• ASSIGNMENT
An accurate, complete copy of the records below is required.

• RECORDS TO PROCESS
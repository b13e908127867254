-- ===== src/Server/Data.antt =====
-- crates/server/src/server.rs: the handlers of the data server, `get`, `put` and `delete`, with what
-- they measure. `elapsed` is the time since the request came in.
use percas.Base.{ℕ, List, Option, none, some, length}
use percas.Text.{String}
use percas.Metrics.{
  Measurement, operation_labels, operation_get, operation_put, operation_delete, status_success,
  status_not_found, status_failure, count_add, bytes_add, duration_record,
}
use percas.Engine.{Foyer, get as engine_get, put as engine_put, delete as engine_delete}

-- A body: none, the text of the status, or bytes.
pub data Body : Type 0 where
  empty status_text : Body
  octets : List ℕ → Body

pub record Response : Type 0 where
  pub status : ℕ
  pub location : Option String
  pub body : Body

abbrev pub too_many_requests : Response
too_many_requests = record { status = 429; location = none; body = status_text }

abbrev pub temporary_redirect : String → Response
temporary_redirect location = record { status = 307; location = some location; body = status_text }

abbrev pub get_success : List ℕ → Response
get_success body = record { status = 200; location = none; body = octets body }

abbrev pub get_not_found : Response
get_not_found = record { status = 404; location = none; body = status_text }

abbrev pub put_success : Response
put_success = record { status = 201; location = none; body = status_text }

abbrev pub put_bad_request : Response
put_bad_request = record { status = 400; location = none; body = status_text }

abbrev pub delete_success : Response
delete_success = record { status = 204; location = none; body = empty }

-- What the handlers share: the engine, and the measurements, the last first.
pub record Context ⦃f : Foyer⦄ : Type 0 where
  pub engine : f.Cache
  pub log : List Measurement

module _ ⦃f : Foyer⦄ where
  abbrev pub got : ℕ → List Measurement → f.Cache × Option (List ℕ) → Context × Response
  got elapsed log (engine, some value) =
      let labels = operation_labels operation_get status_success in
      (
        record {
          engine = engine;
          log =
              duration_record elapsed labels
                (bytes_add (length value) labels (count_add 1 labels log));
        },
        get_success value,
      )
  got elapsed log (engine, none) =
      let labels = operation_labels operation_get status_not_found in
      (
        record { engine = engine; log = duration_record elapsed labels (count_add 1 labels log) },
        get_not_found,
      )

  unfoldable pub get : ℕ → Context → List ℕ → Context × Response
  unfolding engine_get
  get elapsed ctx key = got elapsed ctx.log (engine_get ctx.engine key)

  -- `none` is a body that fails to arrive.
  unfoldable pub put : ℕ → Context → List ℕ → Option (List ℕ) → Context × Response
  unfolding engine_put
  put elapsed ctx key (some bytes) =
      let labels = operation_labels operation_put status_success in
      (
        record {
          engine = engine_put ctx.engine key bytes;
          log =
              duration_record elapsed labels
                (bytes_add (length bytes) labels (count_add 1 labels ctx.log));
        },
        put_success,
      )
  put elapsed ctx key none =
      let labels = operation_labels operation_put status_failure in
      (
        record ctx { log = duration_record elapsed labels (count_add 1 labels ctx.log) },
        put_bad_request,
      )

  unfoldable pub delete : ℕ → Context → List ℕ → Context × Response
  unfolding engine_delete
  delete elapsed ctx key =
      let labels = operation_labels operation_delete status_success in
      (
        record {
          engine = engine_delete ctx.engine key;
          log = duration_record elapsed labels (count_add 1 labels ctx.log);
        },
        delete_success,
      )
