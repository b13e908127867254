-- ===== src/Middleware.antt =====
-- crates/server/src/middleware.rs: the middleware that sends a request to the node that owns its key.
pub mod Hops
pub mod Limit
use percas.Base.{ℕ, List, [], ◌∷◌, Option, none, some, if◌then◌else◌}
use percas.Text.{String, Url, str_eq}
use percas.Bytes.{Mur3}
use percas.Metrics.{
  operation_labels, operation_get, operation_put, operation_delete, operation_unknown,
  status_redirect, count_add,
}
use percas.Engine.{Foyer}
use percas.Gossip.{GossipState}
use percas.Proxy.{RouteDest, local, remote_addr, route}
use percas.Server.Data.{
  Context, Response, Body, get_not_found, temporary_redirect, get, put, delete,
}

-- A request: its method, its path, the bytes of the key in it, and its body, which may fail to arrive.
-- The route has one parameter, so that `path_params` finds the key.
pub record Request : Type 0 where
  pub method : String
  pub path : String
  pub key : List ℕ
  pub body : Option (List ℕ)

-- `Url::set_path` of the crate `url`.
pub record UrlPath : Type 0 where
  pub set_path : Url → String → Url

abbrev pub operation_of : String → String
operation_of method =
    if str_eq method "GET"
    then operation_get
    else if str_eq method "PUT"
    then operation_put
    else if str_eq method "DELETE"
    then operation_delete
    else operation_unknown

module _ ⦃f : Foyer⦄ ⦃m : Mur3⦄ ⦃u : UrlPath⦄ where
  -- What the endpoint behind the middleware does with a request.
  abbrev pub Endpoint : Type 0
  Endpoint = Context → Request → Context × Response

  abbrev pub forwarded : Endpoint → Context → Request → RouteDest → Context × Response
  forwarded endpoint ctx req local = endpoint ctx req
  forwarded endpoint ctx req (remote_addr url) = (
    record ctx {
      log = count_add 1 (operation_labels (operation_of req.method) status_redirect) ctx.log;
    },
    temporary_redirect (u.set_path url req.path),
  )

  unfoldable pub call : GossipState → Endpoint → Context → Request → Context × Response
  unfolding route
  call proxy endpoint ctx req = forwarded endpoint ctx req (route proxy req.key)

• COMPLETED EXERCISE
repository b13e908127867254
-- ===== src/Server/Data.antt =====
-- crates/server/src/server.rs: the handlers of the data server, `get`, `put` and `delete`, with what
-- they measure. `elapsed` is the time since the request came in.
use percas.Base.{ℕ, List, Option, none, some, length}
use percas.Text.{String}
use percas.Metrics.{
  Measurement, operation_labels, operation_get, operation_put, operation_delete, status_success,
  status_not_found, status_failure, count_add, bytes_add, duration_record,
}
use percas.Engine.{Foyer, get as engine_get, put as engine_put, delete as engine_delete}

-- A body: none, the text of the status, or bytes.
pub data Body : Type 0 where
  empty status_text : Body
  octets : List ℕ → Body

pub record Response : Type 0 where
  pub status : ℕ
  pub location : Option String
  pub body : Body

abbrev pub too_many_requests : Response
too_many_requests = record { status = 429; location = none; body = status_text }

abbrev pub temporary_redirect : String → Response
temporary_redirect location = record { status = 307; location = some location; body = status_text }

abbrev pub get_success : List ℕ → Response
get_success body = record { status = 200; location = none; body = octets body }

abbrev pub get_not_found : Response
get_not_found = record { status = 404; location = none; body = status_text }

abbrev pub put_success : Response
put_success = record { status = 201; location = none; body = status_text }

abbrev pub put_bad_request : Response
put_bad_request = record { status = 400; location = none; body = status_text }

abbrev pub delete_success : Response
delete_success = record { status = 204; location = none; body = empty }

-- What the handlers share: the engine, and the measurements, the last first.
pub record Context ⦃f : Foyer⦄ : Type 0 where
  pub engine : f.Cache
  pub log : List Measurement

module _ ⦃f : Foyer⦄ where
  abbrev pub got : ℕ → List Measurement → f.Cache × Option (List ℕ) → Context × Response
  got elapsed log (engine, some value) =
      let labels = operation_labels operation_get status_success in
      (
        record {
          engine = engine;
          log =
              duration_record elapsed labels
                (bytes_add (length value) labels (count_add 1 labels log));
        },
        get_success value,
      )
  got elapsed log (engine, none) =
      let labels = operation_labels operation_get status_not_found in
      (
        record { engine = engine; log = duration_record elapsed labels (count_add 1 labels log) },
        get_not_found,
      )

  unfoldable pub get : ℕ → Context → List ℕ → Context × Response
  unfolding engine_get
  get elapsed ctx key = got elapsed ctx.log (engine_get ctx.engine key)

  -- `none` is a body that fails to arrive.
  unfoldable pub put : ℕ → Context → List ℕ → Option (List ℕ) → Context × Response
  unfolding engine_put
  put elapsed ctx key (some bytes) =
      let labels = operation_labels operation_put status_success in
      (
        record {
          engine = engine_put ctx.engine key bytes;
          log =
              duration_record elapsed labels
                (bytes_add (length bytes) labels (count_add 1 labels ctx.log));
        },
        put_success,
      )
  put elapsed ctx key none =
      let labels = operation_labels operation_put status_failure in
      (
        record ctx { log = duration_record elapsed labels (count_add 1 labels ctx.log) },
        put_bad_request,
      )

  unfoldable pub delete : ℕ → Context → List ℕ → Context × Response
  unfolding engine_delete
  delete elapsed ctx key =
      let labels = operation_labels operation_delete status_success in
      (
        record {
          engine = engine_delete ctx.engine key;
          log = duration_record elapsed labels (count_add 1 labels ctx.log);
        },
        delete_success,
      )
repository b13e908127867254
-- ===== src/Middleware.antt =====
-- crates/server/src/middleware.rs: the middleware that sends a request to the node that owns its key.
pub mod Hops
pub mod Limit
use percas.Base.{ℕ, List, [], ◌∷◌, Option, none, some, if◌then◌else◌}
use percas.Text.{String, Url, str_eq}
use percas.Bytes.{Mur3}
use percas.Metrics.{
  operation_labels, operation_get, operation_put, operation_delete, operation_unknown,
  status_redirect, count_add,
}
use percas.Engine.{Foyer}
use percas.Gossip.{GossipState}
use percas.Proxy.{RouteDest, local, remote_addr, route}
use percas.Server.Data.{
  Context, Response, Body, get_not_found, temporary_redirect, get, put, delete,
}

-- A request: its method, its path, the bytes of the key in it, and its body, which may fail to arrive.
-- The route has one parameter, so that `path_params` finds the key.
pub record Request : Type 0 where
  pub method : String
  pub path : String
  pub key : List ℕ
  pub body : Option (List ℕ)

-- `Url::set_path` of the crate `url`.
pub record UrlPath : Type 0 where
  pub set_path : Url → String → Url

abbrev pub operation_of : String → String
operation_of method =
    if str_eq method "GET"
    then operation_get
    else if str_eq method "PUT"
    then operation_put
    else if str_eq method "DELETE"
    then operation_delete
    else operation_unknown

module _ ⦃f : Foyer⦄ ⦃m : Mur3⦄ ⦃u : UrlPath⦄ where
  -- What the endpoint behind the middleware does with a request.
  abbrev pub Endpoint : Type 0
  Endpoint = Context → Request → Context × Response

  abbrev pub forwarded : Endpoint → Context → Request → RouteDest → Context × Response
  forwarded endpoint ctx req local = endpoint ctx req
  forwarded endpoint ctx req (remote_addr url) = (
    record ctx {
      log = count_add 1 (operation_labels (operation_of req.method) status_redirect) ctx.log;
    },
    temporary_redirect (u.set_path url req.path),
  )

  unfoldable pub call : GossipState → Endpoint → Context → Request → Context × Response
  unfolding route
  call proxy endpoint ctx req = forwarded endpoint ctx req (route proxy req.key)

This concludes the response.